4. Alles in allem: Sehr interessanter Fall, bitte weitere Infos. In welchem Zustand befindet sich der "kostenverursachende" PC?


----------



## littlebird's prompter (26 April 2006)

*AW: auskunft 0900 RufNr.*

Hat hier jemand was von UK-Nummern gesagt? Das ist ja mein Spezialgebiet...
Aber zunächst zur deutschen Nummer 090090001798

Auf diese Nummer der "Solera Telecom" sind über 32.000 Dialer gleichen Namens registriert (direkt.exe)

Diese Dialer gibt es auf sehr vielen Seiten, Inhalteanbieter ist dabei stets eine "PX 24 Inc" in Georgia/USA.

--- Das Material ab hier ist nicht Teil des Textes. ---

-- ===== src/OrderedArray/Insert.antt =====
-- `ordered_array_insert` against insertion into an ordered list.
use luck_os.Common.{
  ℕ, zero, suc, ◌+◌, ◌-◌, ◌≤◌, ◌<◌, ◌≡◌, refl, sym, ap, ◌∙◌, true, false, some, List, [], ◌∷◌,
  arith, ◌==◌, leb, ltb, if◌then◌else◌, ◌>>=◌, length, get_or, set, set?-set, list_ext, get_or-take,
  length-take, length-set, get_or-set, subst, dec_lt, ◌⊎◌, inl, inr,
}
use luck_os.Common.Int.{ℤ, nonpos}
use luck_os.OrderedArray.{OrderedArray, elements, ordered_array_insert}
use luck_os.OrderedArray.Memory.{Reads, moved_up, IsSlot, find_slot-IsSlot, shift_up-Reads}

-- The memory has room for `max_size` elements.
pub record IsValid (o : OrderedArray) : Type 0 where
  pub bounded : o.size ≤ o.max_size
  pub room : o.max_size ≤ length o.array

-- Behind the leading elements that are at most `item`.
unfoldable pub insert_ordered : (ℕ → ℕ → ℤ) → ℕ → List ℕ → List ℕ
insert_ordered comparator item [] = item ∷ []
insert_ordered comparator item (x ∷ xs) =
    if nonpos (comparator x item) then x ∷ insert_ordered comparator item xs else item ∷ x ∷ xs

insert_at : ℕ → ℕ → List ℕ → List ℕ
insert_at zero item xs = item ∷ xs
insert_at (suc k) item [] = item ∷ []
insert_at (suc k) item (x ∷ xs) = x ∷ insert_at k item xs

length-insert_at : (k item : ℕ) (xs : List ℕ) → length (insert_at k item xs) ≡ length xs + 1
unfolding insert_at
length-insert_at zero item xs = omega arith
length-insert_at (suc k) item [] = omega arith
length-insert_at (suc k) item (x ∷ xs) = omega (arith, length-insert_at k item xs)

get_or-insert_at :
    (k item : ℕ) (xs : List ℕ) (j : ℕ)
    → k ≤ length xs
    → get_or (insert_at k item xs) j 0
      ≡ (if ltb j k then get_or xs j 0 else if j == k then item else get_or xs (j - 1) 0)
unfolding insert_at
get_or-insert_at zero item xs zero h = ground arith
get_or-insert_at zero item xs (suc j) h = let e : suc j - 1 ≡ j = omega arith in rw e (ground arith)
get_or-insert_at (suc k) item [] j h = absurd (omega arith)
get_or-insert_at (suc k) item (x ∷ xs) zero h = ground arith
get_or-insert_at (suc k) item (x ∷ xs) (suc zero) h =
    ground (arith, get_or-insert_at k item xs 0 (omega arith))
get_or-insert_at (suc k) item (x ∷ xs) (suc (suc j)) h =
    ground (arith, get_or-insert_at k item xs (suc j) (omega arith))

insert_at-slot :
    (comparator : ℕ → ℕ → ℤ) (item : ℕ) (xs : List ℕ) (k : ℕ)
    → IsSlot comparator item 0 (length xs) xs k
    → insert_ordered comparator item xs ≡ insert_at k item xs
unfolding insert_ordered insert_at
insert_at-slot comparator item [] zero slot = refl
insert_at-slot comparator item [] (suc k) slot = refl
insert_at-slot comparator item (x ∷ xs) zero slot = rw (slot.at (omega arith))
insert_at-slot comparator item (x ∷ xs) (suc k) slot =
    rw (slot.before 0 (omega arith) (omega arith)) (
      ap (λ (t : List ℕ). x ∷ t)
        (insert_at-slot comparator item xs k (record {
          above = omega arith;
          below = omega (arith, slot.below);
          before = λ j p q. slot.before (suc j) (omega arith) (omega arith);
          at = λ p. slot.at (omega arith);
        })))

-- The elements are those of the memory below `size`.
pub get_or-elements :
    (o : OrderedArray) (j : ℕ)
    → get_or (elements o) j 0 ≡ (if ltb j o.size then get_or o.array j 0 else 0)
unfolding elements
get_or-elements o j = get_or-take o.size o.array j

pub length-elements : (o : OrderedArray) → IsValid o → length (elements o) ≡ o.size
unfolding elements
length-elements o ok = omega (arith, length-take o.size o.array, ok.bounded, ok.room)

-- The same slot, seen in the elements.
elements-IsSlot :
    (o : OrderedArray) (item k : ℕ)
    → IsValid o
    → IsSlot o.comparator item 0 o.size o.array k
    → IsSlot o.comparator item 0 (length (elements o)) (elements o) k
elements-IsSlot o item k ok slot = record {
  above = slot.above;
  below = omega (arith, slot.below, length-elements o ok);
  before = λ j p q.
      let same : get_or (elements o) j 0 ≡ get_or o.array j 0 =
        ground (arith, get_or-elements o j, slot.below) in
      rw same (slot.before j p q);
  at = λ p.
      let within : k < o.size = omega (arith, length-elements o ok) in
      let same : get_or (elements o) k 0 ≡ get_or o.array k 0 =
        ground (arith, get_or-elements o k) in
      rw same (slot.at within);
}

-- `o'` holds the elements `xs`, in the same memory and order.
pub record Becomes (o : OrderedArray) (xs : List ℕ) (o' : OrderedArray) : Type 0 where
  pub valid : IsValid o'
  pub max_size : o'.max_size ≡ o.max_size
  pub comparator : o'.comparator ≡ o.comparator
  pub holds : elements o' ≡ xs
  pub size : o'.size ≡ length xs

inserted : OrderedArray → List ℕ → OrderedArray
inserted o array = record o { array = array; size = o.size + 1 }

inserted-Becomes :
    (o : OrderedArray) (item k : ℕ) (shifted : List ℕ)
    → IsValid o
    → o.size < o.max_size
    → IsSlot o.comparator item 0 o.size o.array k
    → Reads (moved_up k o.size o.array) o.array shifted
    → Becomes o (insert_ordered o.comparator item (elements o)) (inserted o (set shifted k item))
unfolding inserted
inserted-Becomes o item k shifted ok less slot reads =
    let o' : OrderedArray = inserted o (set shifted k item) in
    let size : length (set shifted k item) ≡ length o.array =
      length-set shifted k item ∙ reads.size in
    let valid : IsValid o' = record { bounded = omega arith; room = omega (arith, ok.room) } in
    let spec : insert_ordered o.comparator item (elements o) ≡ insert_at k item (elements o) =
      insert_at-slot o.comparator item (elements o) k (elements-IsSlot o item k ok slot) in
    let inside : k < length shifted = omega (arith, slot.below, ok.room, reads.size) in
    let count : length (elements o') ≡ length (insert_at k item (elements o)) = omega (
      arith,
      length-elements o' valid,
      length-insert_at k item (elements o),
      length-elements o ok,
    ) in
    record {
      valid = valid;
      max_size = refl;
      comparator = refl;
      holds =
          list_ext (elements o') (insert_at k item (elements o)) count (λ j h. ground (
            arith,
            get_or-elements o' j,
            get_or-set shifted k j item inside,
            reads.entries j,
            get_or-insert_at k item (elements o) j
                (omega (arith, slot.below, length-elements o ok)),
            get_or-elements o j,
            get_or-elements o (j - 1),
            slot.below,
            length-elements o' valid,
          ))
          ∙ sym spec;
      size =
          omega (arith, ap length spec, length-insert_at k item (elements o), length-elements o ok);
    }

-- The result of an insertion, and the array after it.
abbrev pub Inserts : OrderedArray → ℕ → ℕ × OrderedArray → Type 0
Inserts o item (result, o') =
    ((o.size ≡ o.max_size) × (result ≡ 0) × (o' ≡ o))
    ⊎ ((o.size < o.max_size)
        × (result ≡ 1)
        × Becomes o (insert_ordered o.comparator item (elements o)) o')

-- In a valid array with room left, `ordered_array_insert` puts the item behind the elements that are at most it,
-- keeps the rest in order and returns 1. In a full array it returns 0 and changes nothing.
pub ordered_array_insert-Inserts :
    (o : OrderedArray) (item : ℕ)
    → IsValid o
    → (out : ℕ × OrderedArray) × (ordered_array_insert o item ≡ some out) × Inserts o item out
unfolding ordered_array_insert inserted
ordered_array_insert-Inserts o item ok = elim (dec_lt o.size o.max_size) [
  | no full ↦
      let test : leb o.max_size o.size ≡ true = ground arith in
      ((0, o), rw test, inl (omega (arith, ok.bounded), refl, refl))
  | yes less ↦
      let test : leb o.max_size o.size ≡ false = ground arith in
      let (k, run, slot) =
        find_slot-IsSlot o.comparator item o.size 0 o.size o.array (omega arith)
          (omega (arith, ok.room)) in
      let (shifted, run', reads) =
        shift_up-Reads (o.size - k) o.size o.array (omega arith) (omega (arith, ok.room)) in
      let one : o.size + 1 - 1 ≡ o.size = omega arith in
      let back : o.size - (o.size - k) ≡ k = omega (arith, slot.below) in
      let reads' =
        subst (λ (t : ℕ). Reads (moved_up t o.size o.array) o.array shifted) back reads in
      let inside : k < length shifted = omega (arith, slot.below, ok.room, reads.size) in
      (
        (1, inserted o (set shifted k item)),
        rw (test, run, ◌>>=◌, one, run', ◌>>=◌, set?-set shifted k item inside),
        inr (less, refl, inserted-Becomes o item k shifted ok less slot reads'),
      )
]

Ich werde in Lautertal niemandem zu nahe treten, wenn ich von sehr engen Verbindungen zwischen dem Nummerninhaber, dem Inhalteanbieter und Heppenheimer Firmen spreche, ohne das en detail zu verifizieren. Summa summarum: Die alten Freunde aus der "Gründer- (aka Goldgräber-)zeit" sind hier wieder vereint.

Die Dialer gibt es halt auf allen Seiten, die die Inhalte der Firma aus GEORGIA bewerben bzw. die Dialer werden als Abrechnungsinstrument für die vielen nackerten Mädels eingesetzt, die man u.a. (Frage an den Sohnemann???) auf den einschlägigen Portalen bei RTL finden kann.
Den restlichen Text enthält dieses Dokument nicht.